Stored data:
-- ===== src/Link/Line.antt =====
-- One direction of a link in time: a device's transmitter (model/custom-p2p-net-device.cc), the calls of
-- `SendFrom`, the device's settings, and the simulator, which runs what was scheduled.
use p4simulator.Base.{
  ℕ, zero, suc, ◌+◌, ◌≤◌, ◌≡◌, Bool, true, false, Option, none, some, List, [], ◌∷◌, ◌++◌, map,
  if◌then◌else◌,
}
use p4simulator.CustomHeader.{CustomHeader}
use p4simulator.Link.{
  Library, Device, ready, set_data_rate, set_interframe_gap, set_custom_header,
  set_with_custom_header,
}
use p4simulator.Link.Channel.{P4P2PChannel, Reception}
use p4simulator.Link.Channel
use p4simulator.Link.Transmit.{Scheduled, with_headers, send_from, transmit_complete}

-- What the simulator's queues promise: they are first in, first out, and a queue that refuses a packet
-- keeps what it has.
pub record QueueLaws (L : Library) : Type 0 where
  pub contents : L.Queue → List L.Packet
  pub accepts :
      (q : L.Queue) (p : L.Packet)
      → (L.enqueue q p).1 ≡ true
      → contents (L.enqueue q p).0 ≡ contents q ++ (p ∷ [])
  pub refuses :
      (q : L.Queue) (p : L.Packet)
      → (L.enqueue q p).1 ≡ false
      → contents (L.enqueue q p).0 ≡ contents q
  pub yields :
      (q : L.Queue) (p : L.Packet) (ps : List L.Packet)
      → contents q ≡ p ∷ ps
      → ((L.dequeue q).1 ≡ some p) × (contents (L.dequeue q).0 ≡ ps)
  pub lacks :
      (q : L.Queue) → contents q ≡ [] → ((L.dequeue q).1 ≡ none) × (contents (L.dequeue q).0 ≡ [])
  pub holds :
      (q : L.Queue) (p : L.Packet) (ps : List L.Packet) → contents q ≡ p ∷ ps → L.is_empty q ≡ false

-- A channel carries from one device to another with a delay.
abbrev pub Carries : Type 0 → P4P2PChannel → ℕ → ℕ → ℕ → Type 0
Carries Packet channel self other delay =
    (p : Packet) (tx_time : ℕ)
    → Channel.transmit_start channel p self tx_time
      ≡ some (record { after = tx_time + delay; receiver = other; packet = p })

-- The time, the device, when its `TransmitComplete`s are to run, the receptions so far, each with the
-- time when it is to run, and the packets that the queue has accepted, the oldest first.
pub record Line (L : Library) : Type 0 where
  pub now : ℕ
  pub device : Device L
  pub pending : List ℕ
  pub sent : List (Reception L.Packet)
  pub accepted : List L.Packet

abbrev pub at_time {ℓ} : {Packet : Type ℓ} → ℕ → Reception Packet → Reception Packet
at_time now r = record r { after = now + r.after }

abbrev pub NotBefore : ℕ → List ℕ → Type 0
NotBefore t [] = Unit
NotBefore t (c ∷ cs) = (t ≤ c) × NotBefore t cs

module _ (L : Library) (channel : P4P2PChannel) (self : ℕ) where
  abbrev pub later : Line L → ℕ → Scheduled L → Line L
  later w t s = record {
    now = t;
    device = s.device;
    pending = w.pending ++ map (λ c. t + c) s.completions;
    sent = w.sent ++ map (at_time t) s.receptions;
    accepted = w.accepted;
  }

  abbrev pub taken : Line L → ℕ → L.Packet → Option (Scheduled L × Bool) → Option (Line L)
  taken w t p none = none
  taken w t p (some (s, accepted)) =
      some (record (later w t s) {
        accepted = if accepted then w.accepted ++ (p ∷ []) else w.accepted;
      })

  -- A call of `SendFrom` at a time.
  abbrev pub send_at : Line L → ℕ → L.Packet → L.Address → L.Address → ℕ → Option (Line L)
  send_at w t p source dest protocol =
      taken w t (with_headers L w.device p source dest protocol)
        (send_from L channel self w.device p source dest protocol)

  abbrev pub completed : Line L → ℕ → Option (Scheduled L) → Option (Line L)
  completed w t none = none
  completed w t (some s) = some (later w t s)

  abbrev pub fire_first : Line L → List ℕ → Option (Line L)
  fire_first w [] = none
  fire_first w (t ∷ rest) =
      completed (record w { pending = rest }) t (transmit_complete L channel self w.device)

  -- The simulator runs the first `TransmitComplete` that is scheduled.
  abbrev pub fire : Line L → Option (Line L)
  fire w = fire_first w w.pending

  -- A packet is sent before what is scheduled for later, a transmission is completed, or a setting is
  -- changed.
  pub data Step (w w' : Line L) : Type 0 where
    send :
        (t : ℕ) (p : L.Packet) (source dest : L.Address) (protocol : ℕ)
        → w.now ≤ t
        → NotBefore t w.pending
        → send_at w t p source dest protocol ≡ some w'
        → Step w w'
    complete : fire w ≡ some w' → Step w w'
    rate : (bps : L.DataRate) → w' ≡ record w { device = set_data_rate w.device bps } → Step w w'
    gap : (t : ℕ) → w' ≡ record w { device = set_interframe_gap w.device t } → Step w w'
    header :
        (h : CustomHeader) → w' ≡ record w { device = set_custom_header w.device h } → Step w w'
    with_header :
        (b : Bool) → w' ≡ record w { device = set_with_custom_header w.device b } → Step w w'

  pub data Reach (w : Line L) : Line L → Type 0 where
    here : Reach w w
    next : {u v : Line L} → Reach w u → Step u v → Reach w v

  abbrev pub start : Device L → Line L
  start d = record { now = 0; device = d; pending = []; sent = []; accepted = [] }

  -- The simulator runs a number of completions.
  abbrev pub drain : ℕ → Line L → Option (Line L)
  drain zero w = some w
  drain (suc n) w = elim (fire w) [ none ↦ none | some w' ↦ drain n w' ]

-- A device that is up and idle.
pub record Fresh (L : Library) (Q : QueueLaws L) (d : Device L) : Type 0 where
  pub up : d.link_up ≡ true
  pub idle : d.tx_machine_state ≡ ready
  pub empty : Q.contents d.queue ≡ []
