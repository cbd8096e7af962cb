-- ===== src/Link/Begun.antt =====
-- model/custom-p2p-net-device.cc, `SendFrom` and `TransmitComplete`: how each ends, by the transmitter's
-- state and the queue.
use p4simulator.Base.{
  ℕ, ◌+◌, ◌≡◌, ◌≢◌, refl, ap, ◌∙◌, Bool, true, false, Option, none, some, [], ◌∷◌, Option-cases,
  inl, inr, not, ◌&&◌, if_true,
}
use p4simulator.Link.{Library, Device, ready, busy}
use p4simulator.Link.Channel.{P4P2PChannel}
use p4simulator.Link.Transmit.{
  Scheduled, with_headers, send_from, transmit_complete, transmit_start, unscheduled, is_ready,
  started, enqueued, start_dequeued, start_next, returning, has_packet,
}
use p4simulator.Link.Line.{QueueLaws, Carries}

module _ (L : Library) (Q : QueueLaws L) (channel : P4P2PChannel) (self other delay : ℕ)
    (carries : Carries L.Packet channel self other delay) where
  -- A device whose transmission of a packet begins, with what it schedules.
  abbrev pub begun : Device L → L.Queue → L.Packet → Scheduled L
  begun d q p = record {
    device = record d { queue = q; tx_machine_state = busy; current_pkt = some p };
    completions = (L.calculate_bytes_tx_time d.bps (L.get_size p) + d.interframe_gap) ∷ [];
    receptions =
        (record {
          after = L.calculate_bytes_tx_time d.bps (L.get_size p) + delay;
          receiver = other;
          packet = p;
        })
        ∷ [];
  }

  pub transmit_start-begun :
      (d : Device L) (p : L.Packet)
      → d.tx_machine_state ≡ ready
      → transmit_start L channel self d p ≡ some (begun d d.queue p)
  unfolding transmit_start started is_ready
  transmit_start-begun d p e =
      rw (e, carries p (L.calculate_bytes_tx_time d.bps (L.get_size p))) refl

  pub start_dequeued-begun :
      (d : Device L) (r : L.Queue × Option L.Packet) (p : L.Packet)
      → d.tx_machine_state ≡ ready
      → r.1 ≡ some p
      → start_dequeued L channel self d r ≡ some (begun d r.0 p)
  unfolding start_dequeued
  start_dequeued-begun d (q, o) p e f =
      ap (λ o. start_dequeued L channel self d (q, o)) f
      ∙ transmit_start-begun (record d { queue = q; current_pkt = some p }) p e

  pub start_next-begun :
      (d : Device L) (r : L.Queue × Option L.Packet) (p : L.Packet)
      → d.tx_machine_state ≡ ready
      → r.1 ≡ some p
      → start_next L channel self d r ≡ some (begun d r.0 p)
  unfolding start_next
  start_next-begun d (q, o) p e f =
      ap (λ o. start_next L channel self d (q, o)) f
      ∙ transmit_start-begun (record d { queue = q }) p e

  pub start_next-idle :
      (d : Device L) (r : L.Queue × Option L.Packet)
      → r.1 ≡ none
      → start_next L channel self d r ≡ some (unscheduled L (record d { queue = r.0 }))
  unfolding start_next
  start_next-idle d (q, o) f = ap (λ o. start_next L channel self d (q, o)) f

  -- A busy device with its packet takes the next one.
  pub transmit_complete-busy :
      (d : Device L)
      → d.tx_machine_state ≡ busy
      → d.current_pkt ≢ none
      → transmit_complete L channel self d
        ≡ start_next L channel self
            (record d { tx_machine_state = ready; current_pkt = none })
            (L.dequeue d.queue)
  unfolding transmit_complete is_ready has_packet
  transmit_complete-busy d e f = elim (Option-cases d.current_pkt) [
    | inl g ↦ absurd (f g)
    | inr (p, g) ↦ rw (e, g) refl
  ]

  pub enqueued-begun :
      (d : Device L) (r : L.Queue × Bool) (p : L.Packet)
      → r.1 ≡ true
      → d.tx_machine_state ≡ ready
      → Q.contents r.0 ≡ p ∷ []
      → enqueued L channel self d r ≡ some (begun d (L.dequeue r.0).0 p, true)
  unfolding enqueued is_ready returning
  enqueued-begun d (q, b) p e f g =
      if_true b _ _ e
      ∙ if_true (is_ready d.tx_machine_state && not (L.is_empty q)) _ _
          (rw (f, Q.holds q p [] g) refl)
      ∙ ap (returning L true)
          (start_dequeued-begun (record d { queue = q }) (L.dequeue q) p f (Q.yields q p [] g).0)

  module _ (d : Device L) (p : L.Packet) (source dest : L.Address) (protocol : ℕ)
      (up : d.link_up ≡ true) where
    -- The queue when the packet was offered to it.
    abbrev pub offered : L.Queue × Bool
    offered = L.enqueue d.queue (with_headers L d p source dest protocol)

    send_from-enqueued :
        send_from L channel self d p source dest protocol ≡ enqueued L channel self d offered
    unfolding send_from
    send_from-enqueued = rw up refl

    pub send_from-refused :
        offered.1 ≡ false
        → send_from L channel self d p source dest protocol
          ≡ some (unscheduled L (record d { queue = offered.0 }), false)
    unfolding enqueued
    send_from-refused e = send_from-enqueued ∙ rw e refl

    pub send_from-busy :
        offered.1 ≡ true
        → d.tx_machine_state ≡ busy
        → send_from L channel self d p source dest protocol
          ≡ some (unscheduled L (record d { queue = offered.0 }), true)
    unfolding enqueued is_ready
    send_from-busy e f = send_from-enqueued ∙ rw (e, f) refl

    pub send_from-ready :
        offered.1 ≡ true
        → d.tx_machine_state ≡ ready
        → Q.contents offered.0 ≡ with_headers L d p source dest protocol ∷ []
        → send_from L channel self d p source dest protocol
          ≡ some (begun d (L.dequeue offered.0).0 (with_headers L d p source dest protocol), true)
    send_from-ready e f g = send_from-enqueued ∙ enqueued-begun d offered _ e f g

PROBLEM REQUIREMENTS
Given the records above, reproduce precisely and only the lines between the line holding "later w t s = record" and the line holding "some (record (later", inclusive.

EXERCISE ANSWER
  later w t s = record {
    now = t;
    device = s.device;
    pending = w.pending ++ map (λ c. t + c) s.completions;
    sent = w.sent ++ map (at_time t) s.receptions;
    accepted = w.accepted;
  }

  abbrev pub taken : Line L → ℕ → L.Packet → Option (Scheduled L × Bool) → Option (Line L)
  taken w t p none = none
  taken w t p (some (s, accepted)) =
      some (record (later w t s) {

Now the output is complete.